Na África do Sul recentemente a deputada Helen Zille do principal partido da oposição (Aliança Democrática) elogiou o legado do Colonialismo.

Segundo ela, foi graças ao sistema colonial que a África do Sul conseguiu ter grandes infraestruturas (hospitais; rede de transportes; etc). Mas, para quem eram tais infraestruturas? Quantas pessoas tiveram de morrer para construir tudo isso?  E até hoje, quem tem acesso a tais infraestruturas?

E sobretudo, é importante referir que tais construções tiveram um preço muito alto, demasiado alto. Apenas em 1994 a África do Sul se libertou das correntes do Apartheid, que deixaram a população negra sul-africana estruturalmente desfavorecida.

É a população negra que ocupa os cargos mais precário, que faz o trabalho mais pesado; que vive nas zonas mais vulneráveis tanto para a sua saúde como para a sua segurança e obviamente, é a população negra quem tem menos acesso a Educação Superior.

Taxativamente falando, é esse o legado do Colonialismo.

A imagem e fotografia que se dá ao Colonialismo sempre é aquela dos tempos de glória, em que as cidades andavam limpas e os restaurantes eram bem frequentados (leia-se aqui, na altura em que os pretos não podiam lá estar).

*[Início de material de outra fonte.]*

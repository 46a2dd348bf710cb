-- ===== src/Index/Leaf/Contents.antt =====
-- What the operations of a leaf make of its sequence of items.
use oceanbase_jp.Prelude.{ℕ, suc, ◌+◌, ◌-◌, ◌≤◌, ◌<◌, ◌≡◌, refl, ap, List, [], ◌∷◌, ◌++◌, arith}
use oceanbase_jp.Record.Page.{Rid}
use oceanbase_jp.Index.Array.{move_items, put_item, listing, listing_two, listing_three}
use oceanbase_jp.Index.Node.{Item, Node}
use oceanbase_jp.Index.Leaf.{
  insert, remove_at, move_half_to, append, preappend, move_first_to_end, move_last_to_front,
  move_to,
}

module _ {ℓ} {K : Type ℓ} where
  -- The items of a leaf, in their order.
  abbrev pub entries : Node K → List (Item K Rid)
  entries node = listing node.items 0 node.key_num

  pub entries_split :
      (node : Node K) (index : ℕ)
      → index ≤ node.key_num
      → entries node ≡ listing node.items 0 index ++ listing node.items index (node.key_num - index)
  entries_split node index h =
      listing_two node.items node.items node.items 0 index index (node.key_num - index) node.key_num
        (λ k l. ground arith) (omega arith) (λ k l. refl)

  pub insert-entries :
      (node : Node K) (index : ℕ) (key : K) (value : Rid)
      → index ≤ node.key_num
      → entries (insert node index key value)
        ≡ listing node.items 0 index
          ++ record { key = key; value = value } ∷ listing node.items index (node.key_num - index)
  unfolding insert move_items put_item
  insert-entries node index key value h =
      listing_three (insert node index key value).items node.items node.items 0 index index
        (node.key_num - index) (node.key_num + 1) (λ k l. ground arith)
        (record { key = key; value = value }) (omega arith) (ground arith) (λ k l. ground arith)

  pub remove_at-entries :
      (node : Node K) (index : ℕ)
      → index < node.key_num
      → entries (remove_at node index)
        ≡ listing node.items 0 index ++ listing node.items (suc index) (node.key_num - suc index)
  unfolding remove_at move_items
  remove_at-entries node index h =
      listing_two (remove_at node index).items node.items node.items 0 (suc index) index
        (node.key_num - suc index) (node.key_num - 1) (λ k l. ground arith) (omega arith)
        (λ k l. ground arith)

  -- The lower half stays, and the upper half goes to the other leaf, which is empty.
  pub move_half_to-entries :
      (node other : Node K)
      → other.key_num ≡ 0
      → entries node ≡ entries (move_half_to node other).0 ++ entries (move_half_to node other).1
  unfolding move_half_to move_items
  move_half_to-entries node other h =
      let (this, that) = move_half_to node other in
      listing_two node.items this.items that.items 0 0 this.key_num that.key_num node.key_num
        (λ k l. ground arith) (omega arith) (λ k l. ground arith)

  -- All items go behind those of the other leaf.
  pub move_to-entries :
      (node other : Node K)
      → (entries (move_to node other).1 ≡ entries other ++ entries node)
        × (entries (move_to node other).0 ≡ [])
  unfolding move_to move_items listing
  move_to-entries node other = (
    listing_two (move_to node other).1.items other.items node.items 0 0 other.key_num node.key_num
        (other.key_num + node.key_num) (λ k l. ground arith) (omega arith) (λ k l. ground arith),
    ap (listing node.items 0) {x = node.key_num - node.key_num} {y = 0} (omega arith),
  )

  append-entries :
      (node : Node K) (item : Item K Rid) → entries (append node item) ≡ entries node ++ item ∷ []
  unfolding append put_item listing
  append-entries node item =
      listing_three (append node item).items node.items node.items 0 0 node.key_num 0
        (node.key_num + 1) (λ k l. ground arith) item (omega arith) (ground arith)
        (λ k l. absurd (omega arith))

  preappend-entries :
      (node : Node K) (item : Item K Rid) → entries (preappend node item) ≡ item ∷ entries node
  unfolding preappend move_items put_item listing
  preappend-entries node item =
      listing_three (preappend node item).items node.items node.items 0 0 0 node.key_num
        (node.key_num + 1) (λ k l. absurd (omega arith)) item (omega arith) (ground arith)
        (λ k l. ground arith)

  -- The first item goes behind those of the other leaf.
  pub move_first_to_end-entries :
      (node other : Node K)
      → 0 < node.key_num
      → (entries node ≡ node.items 0 ∷ entries (move_first_to_end node other).0)
        × (entries (move_first_to_end node other).1 ≡ entries other ++ node.items 0 ∷ [])
  unfolding move_first_to_end move_items listing
  move_first_to_end-entries node other h = (
    listing_three node.items node.items (move_first_to_end node other).0.items 0 0 0
        (node.key_num - 1) node.key_num (λ k l. absurd (omega arith)) (node.items 0) (omega arith)
        refl (λ k l. ground arith),
    append-entries other (node.items 0),
  )

  -- The last item goes before those of the other leaf.
  pub move_last_to_front-entries :
      (node other : Node K)
      → 0 < node.key_num
      → (entries node
          ≡ entries (move_last_to_front node other).0 ++ node.items (node.key_num - 1) ∷ [])
        × (entries (move_last_to_front node other).1
            ≡ node.items (node.key_num - 1) ∷ entries other)
  unfolding move_last_to_front listing
  move_last_to_front-entries node other h = (
    listing_three node.items node.items node.items 0 0 (node.key_num - 1) 0 node.key_num
        (λ k l. ground arith) (node.items (node.key_num - 1)) (omega arith) refl
        (λ k l. absurd (omega arith)),
    preappend-entries other (node.items (node.key_num - 1)),
  )

  module _ (node : Node K) (index : ℕ) (key : K) (value : Rid) where
    pub insert_count : (insert node index key value).key_num ≡ node.key_num + 1
    unfolding insert
    insert_count = refl

    pub insert_before : (i : ℕ) → i < index → ((insert node index key value).items i) ≡ node.items i
    unfolding insert move_items put_item
    insert_before i l = ground arith

    pub insert_here : ((insert node index key value).items index).key ≡ key
    unfolding insert move_items put_item
    insert_here = ground arith

    pub insert_behind :
        (i : ℕ)
        → index ≤ i
        → i < node.key_num
        → ((insert node index key value).items (i + 1)) ≡ node.items i
    unfolding insert move_items put_item
    insert_behind i l h = ground arith

  module _ (node : Node K) (index : ℕ) where
    pub remove_count : (remove_at node index).key_num ≡ node.key_num - 1
    unfolding remove_at
    remove_count = refl

    pub remove_before : (i : ℕ) → i < index → (remove_at node index).items i ≡ node.items i
    unfolding remove_at move_items
    remove_before i l = ground arith

    pub remove_behind :
        (i : ℕ)
        → index ≤ i
        → i + 1 < node.key_num
        → (remove_at node index).items i ≡ node.items (i + 1)
    unfolding remove_at move_items
    remove_behind i l h = ground arith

É esta mesma imagem que vemos recriada em hotéis, restaurantes, revistas, filmes, etc.

Essas imagens reforçam a ideia de “exótico” e “étnico” que se usam frequentemente para descrever as populações negras. São retratos que reflectem a saudade e vontade de reviver tempos que na verdade foram sombrios e de muita dor para quem foi oprimido durante séculos.

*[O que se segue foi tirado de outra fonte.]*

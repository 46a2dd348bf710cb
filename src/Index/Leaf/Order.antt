-- ===== src/Index/Leaf/Order.antt =====
-- Leaves whose keys rise: the search in them, and insertion and removal against sorted lists.
use oceanbase_jp.Prelude.{
  ℕ, zero, suc, ◌+◌, ◌-◌, ◌≤◌, ◌<◌, ◌≡◌, ◌⊎◌, ◌↔◌, inl, inr, refl, sym, ap, ◌∙◌, true, false, List,
  [], ◌∷◌, ◌++◌, arith, Bool-cases,
}
use oceanbase_jp.Lang.LowerBound.{
  Sign, less, equal, greater, IsLowerBound, lower_bound-IsLowerBound,
}
use oceanbase_jp.Record.Page.{Rid}
use oceanbase_jp.Index.Key.{IsOrder}
use oceanbase_jp.Index.Array.{move_items, put_item, listing}
use oceanbase_jp.Index.Node.{Item, Node}
use oceanbase_jp.Index.Leaf.{lookup, insert}
use oceanbase_jp.Index.Leaf.Contents.{entries, entries_split, insert-entries}

module _ {ℓ} {K : Type ℓ} (comparator : K → K → Sign) where
  -- The keys rise strictly.
  abbrev pub IsOrdered : Node K → Type 0
  IsOrdered node =
      (i j : ℕ) → i < j → j < node.key_num → comparator (node.items i).key (node.items j).key ≡ less

  -- An item has the key.
  abbrev pub Has : Node K → K → Type 0
  Has node key = (i : ℕ) × (i < node.key_num) × (comparator (node.items i).key key ≡ equal)

  -- Into a sorted list, before the first greater key; a key that is there stays as it is.
  unfoldable pub insert_sorted : K → Rid → List (Item K Rid) → List (Item K Rid)
  insert_sorted key value [] = record { key = key; value = value } ∷ []
  insert_sorted key value (x ∷ xs) = elim (comparator x.key key) [
    | less ↦ x ∷ insert_sorted key value xs
    | equal ↦ x ∷ xs
    | greater ↦ record { key = key; value = value } ∷ x ∷ xs
  ]

  -- Out of a sorted list.
  unfoldable pub remove_sorted : K → List (Item K Rid) → List (Item K Rid)
  remove_sorted key [] = []
  remove_sorted key (x ∷ xs) = elim (comparator x.key key) [
    | less ↦ x ∷ remove_sorted key xs
    | equal ↦ xs
    | greater ↦ x ∷ xs
  ]

  -- What the removal of a key makes of a leaf.
  abbrev pub Removed : K → Node K → ℕ × Node K → Type ℓ
  Removed key node r =
      (entries r.1 ≡ remove_sorted key (entries node))
      × IsOrdered r.1
      × (r.0 + r.1.key_num ≡ node.key_num)

  module _ (key : K) (a : ℕ → Item K Rid) where
    pub insert_sorted_skips :
        (value : Rid) (i n : ℕ) (rest : List (Item K Rid))
        → ((k : ℕ) → i ≤ k → k < i + n → comparator (a k).key key ≡ less)
        → insert_sorted key value (listing a i n ++ rest)
          ≡ listing a i n ++ insert_sorted key value rest
    unfolding insert_sorted listing
    insert_sorted_skips value i zero rest h = refl
    insert_sorted_skips value i (suc n) rest h = rw (h i (omega arith) (omega arith)) (
        ap (◌∷◌ (a i))
          (insert_sorted_skips value (suc i) n rest (λ k l m. h k (omega arith) (omega arith))))

    insert_sorted_stops :
        (value : Rid) (i n : ℕ)
        → (0 < n → comparator (a i).key key ≡ greater)
        → insert_sorted key value (listing a i n)
          ≡ record { key = key; value = value } ∷ listing a i n
    unfolding insert_sorted listing
    insert_sorted_stops value i zero h = refl
    insert_sorted_stops value i (suc n) h = rw (h (omega arith)) refl

    pub remove_sorted_skips :
        (i n : ℕ) (rest : List (Item K Rid))
        → ((k : ℕ) → i ≤ k → k < i + n → comparator (a k).key key ≡ less)
        → remove_sorted key (listing a i n ++ rest) ≡ listing a i n ++ remove_sorted key rest
    unfolding remove_sorted listing
    remove_sorted_skips i zero rest h = refl
    remove_sorted_skips i (suc n) rest h = rw (h i (omega arith) (omega arith)) (
        ap (◌∷◌ (a i))
          (remove_sorted_skips (suc i) n rest (λ k l m. h k (omega arith) (omega arith))))

    pub remove_sorted_stops :
        (i n : ℕ)
        → (0 < n → comparator (a i).key key ≡ greater)
        → remove_sorted key (listing a i n) ≡ listing a i n
    unfolding remove_sorted listing
    remove_sorted_stops i zero h = refl
    remove_sorted_stops i (suc n) h = rw (h (omega arith)) refl

    pub remove_sorted_hits :
        (i n : ℕ)
        → comparator (a i).key key ≡ equal
        → remove_sorted key (listing a i (suc n)) ≡ listing a (suc i) n
    unfolding remove_sorted listing
    remove_sorted_hits i n h = rw h refl

  module _ (order : IsOrder comparator) where
    -- Rising keys rise across every key.
    pub rising_across :
        (a b key : K)
        → comparator a b ≡ less
        → (comparator a key ≡ less) ⊎ (comparator b key ≡ greater)
    rising_across a b key e = ground (
      arith,
      order.flip_equal a key,
      order.equal_less key a b,
      order.flip_greater a key,
      order.less_less key a b,
      order.flip_less key b,
    )

    pub lookup-IsLowerBound :
        (node : Node K) (key : K)
        → IsOrdered node
        → IsLowerBound
            (λ i. (node.items i).key)
            key
            comparator
            0
            node.key_num
            (lookup comparator node key)
    unfolding lookup
    lookup-IsLowerBound node key up =
        lower_bound-IsLowerBound (λ i. (node.items i).key) key comparator 0 node.key_num
          (omega arith)
          (λ i j l m n. rising_across (node.items i).key (node.items j).key key (up i j m n))

    -- Where the comparison of keys is an order (IsOrder: each key equals itself, greater is the
    -- reverse of less, and less and equal are transitive across one another), in a leaf whose keys
    -- rise, LeafIndexNodeHandler::insert at the index that lookup gives for a key that it does not
    -- find makes the same sequence of items as an insertion into the sorted list, item by item,
    -- before the first greater key.
    pub insert-insert_sorted :
        (node : Node K) (key : K) (value : Rid)
        → IsOrdered node
        → (lookup comparator node key).found ≡ false
        → entries (insert node (lookup comparator node key).first key value)
          ≡ insert_sorted key value (entries node)
    insert-insert_sorted node key value up e =
        let r = lookup comparator node key in
        let b = lookup-IsLowerBound node key up in
        let parts = entries_split node r.first b.upto in
        insert-entries node r.first key value b.upto
        ∙ sym (
            ap (insert_sorted key value) parts
            ∙ insert_sorted_skips key node.items value 0 r.first
                (listing node.items r.first (node.key_num - r.first))
                (λ k l m. b.below k (omega arith) (omega arith))
            ∙ ap (λ x. listing node.items 0 r.first ++ x)
                (insert_sorted_stops key node.items value r.first (node.key_num - r.first)
                  (λ h. b.miss e (omega arith))))

    pub insert-IsOrdered :
        (node : Node K) (key : K) (value : Rid)
        → IsOrdered node
        → (lookup comparator node key).found ≡ false
        → IsOrdered (insert node (lookup comparator node key).first key value)
    unfolding insert move_items put_item
    insert-IsOrdered node key value up e i j l m =
        let r = lookup comparator node key in
        let b = lookup-IsLowerBound node key up in
        ground (
          arith,
          b.upto,
          up i j,
          up i (j - 1),
          up (i - 1) (j - 1),
          b.below i,
          b.above (j - 1),
          b.miss e,
          order.flip_greater (node.items (j - 1)).key key,
        )

    -- A key is found exactly if an item has it.
    pub lookup-found_iff :
        (node : Node K) (key : K)
        → IsOrdered node
        → ((lookup comparator node key).found ≡ true) ↔ Has node key
    lookup-found_iff node key up =
        let b = lookup-IsLowerBound node key up in
        (
          λ e. ((lookup comparator node key).first, (b.hit e).0, (b.hit e).1),
          λ h. elim (Bool-cases (lookup comparator node key).found) [
            | inl e ↦ e
            | inr e ↦
                absurd (ground (arith, h.1, h.2, b.below h.0 (omega arith), b.above h.0, b.miss e))
          ],
        )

Essas reconfigurações da memória colonial não só a deturpam, como a validam. O mito vira facto.

Para além disso, reflectem também  como na nossa sociedade o racismo e o colonialismo é visto como algo ultrapassado. É impensável haver um café, num hotel, com nome de “Café Nazi”, como existe em Lisboa o “Café Colonial“.

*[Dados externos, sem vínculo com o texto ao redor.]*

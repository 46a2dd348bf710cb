-- ===== src/Index/Leaf/Removal.antt =====
-- The removal from a leaf whose keys rise, against that from a sorted list.
use oceanbase_jp.Prelude.{
  ℕ, suc, ◌+◌, ◌-◌, ◌<◌, ◌≡◌, inl, inr, sym, ap, ◌∙◌, true, false, ◌++◌, arith, Bool-cases,
}
use oceanbase_jp.Lang.LowerBound.{Sign}
use oceanbase_jp.Index.Key.{IsOrder}
use oceanbase_jp.Index.Array.{move_items, listing}
use oceanbase_jp.Index.Node.{Node}
use oceanbase_jp.Index.Leaf.{lookup, remove_at, remove}
use oceanbase_jp.Index.Leaf.Order.{
  IsOrdered, remove_sorted, Removed, remove_sorted_skips, remove_sorted_hits, remove_sorted_stops,
  lookup-IsLowerBound,
}
use oceanbase_jp.Index.Leaf.Contents.{entries, entries_split, remove_at-entries}

module _ {ℓ} {K : Type ℓ} (comparator : K → K → Sign) (order : IsOrder comparator) where
  pub remove_at-IsOrdered :
      (node : Node K) (index : ℕ)
      → IsOrdered comparator node
      → index < node.key_num
      → IsOrdered comparator (remove_at node index)
  unfolding remove_at move_items
  remove_at-IsOrdered node index up h i j l m =
      ground (arith, up i j, up i (j + 1), up (i + 1) (j + 1))

  counts :
      (node : Node K) (index : ℕ)
      → index < node.key_num
      → 1 + (remove_at node index).key_num ≡ node.key_num
  unfolding remove_at
  counts node index h = omega arith

  remove_found :
      (node : Node K) (key : K)
      → IsOrdered comparator node
      → (lookup comparator node key).found ≡ true
      → entries (remove_at node (lookup comparator node key).first)
        ≡ remove_sorted comparator key (entries node)
  remove_found node key up e =
      let r = lookup comparator node key in
      let b = lookup-IsLowerBound comparator order node key up in
      let h = (b.hit e).0 in
      let count = node.key_num - suc r.first in
      let whole : node.key_num - r.first ≡ suc count = omega (arith, h) in
      let parts =
        entries_split node r.first b.upto
        ∙ ap (λ n. listing node.items 0 r.first ++ listing node.items r.first n) whole in
      remove_at-entries node r.first h
      ∙ sym (
          ap (remove_sorted comparator key) parts
          ∙ remove_sorted_skips comparator key node.items 0 r.first
              (listing node.items r.first (suc count))
              (λ k l m. b.below k (omega arith) (omega arith))
          ∙ ap (λ x. listing node.items 0 r.first ++ x)
              (remove_sorted_hits comparator key node.items r.first count (b.hit e).1))

  remove_missed :
      (node : Node K) (key : K)
      → IsOrdered comparator node
      → (lookup comparator node key).found ≡ false
      → entries node ≡ remove_sorted comparator key (entries node)
  remove_missed node key up e =
      let r = lookup comparator node key in
      let b = lookup-IsLowerBound comparator order node key up in
      let count = node.key_num - r.first in
      let parts = entries_split node r.first b.upto in
      parts
      ∙ sym (
          ap (remove_sorted comparator key) parts
          ∙ remove_sorted_skips comparator key node.items 0 r.first
              (listing node.items r.first count) (λ k l m. b.below k (omega arith) (omega arith))
          ∙ ap (λ x. listing node.items 0 r.first ++ x)
              (remove_sorted_stops comparator key node.items r.first count
                (λ h. b.miss e (omega arith))))

  -- The removal of a key from an ordered leaf is that from the sorted list; the leaf stays ordered,
  -- and the number that is returned is that of the items that go.
  pub remove-remove_sorted :
      (node : Node K) (key : K)
      → IsOrdered comparator node
      → Removed comparator key node (remove comparator node key)
  unfolding remove
  remove-remove_sorted node key up = elim (Bool-cases (lookup comparator node key).found) [
    | inl e ↦ rw e (
      remove_found node key up e,
      remove_at-IsOrdered node (lookup comparator node key).first up
          ((lookup-IsLowerBound comparator order node key up).hit e).0,
      counts node (lookup comparator node key).first
          ((lookup-IsLowerBound comparator order node key up).hit e).0,
    )
    | inr e ↦ rw e (remove_missed node key up e, up, omega arith)
  ]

No entanto, o Colonialismo foi também um sistema de domínio que definia uma determinada raça como superior à outra; um sistema que limitava as liberdades das raças tido como inferiores; um sistema que perseguia, torturava e matava aqueles que se opunham ao poder. Tal como o Nazismo, o Colonialismo foi perverso, violento, nocivo.

Embora com objectivos distintos, ambos sistemas deixaram marcas que se fazem sentir até hoje.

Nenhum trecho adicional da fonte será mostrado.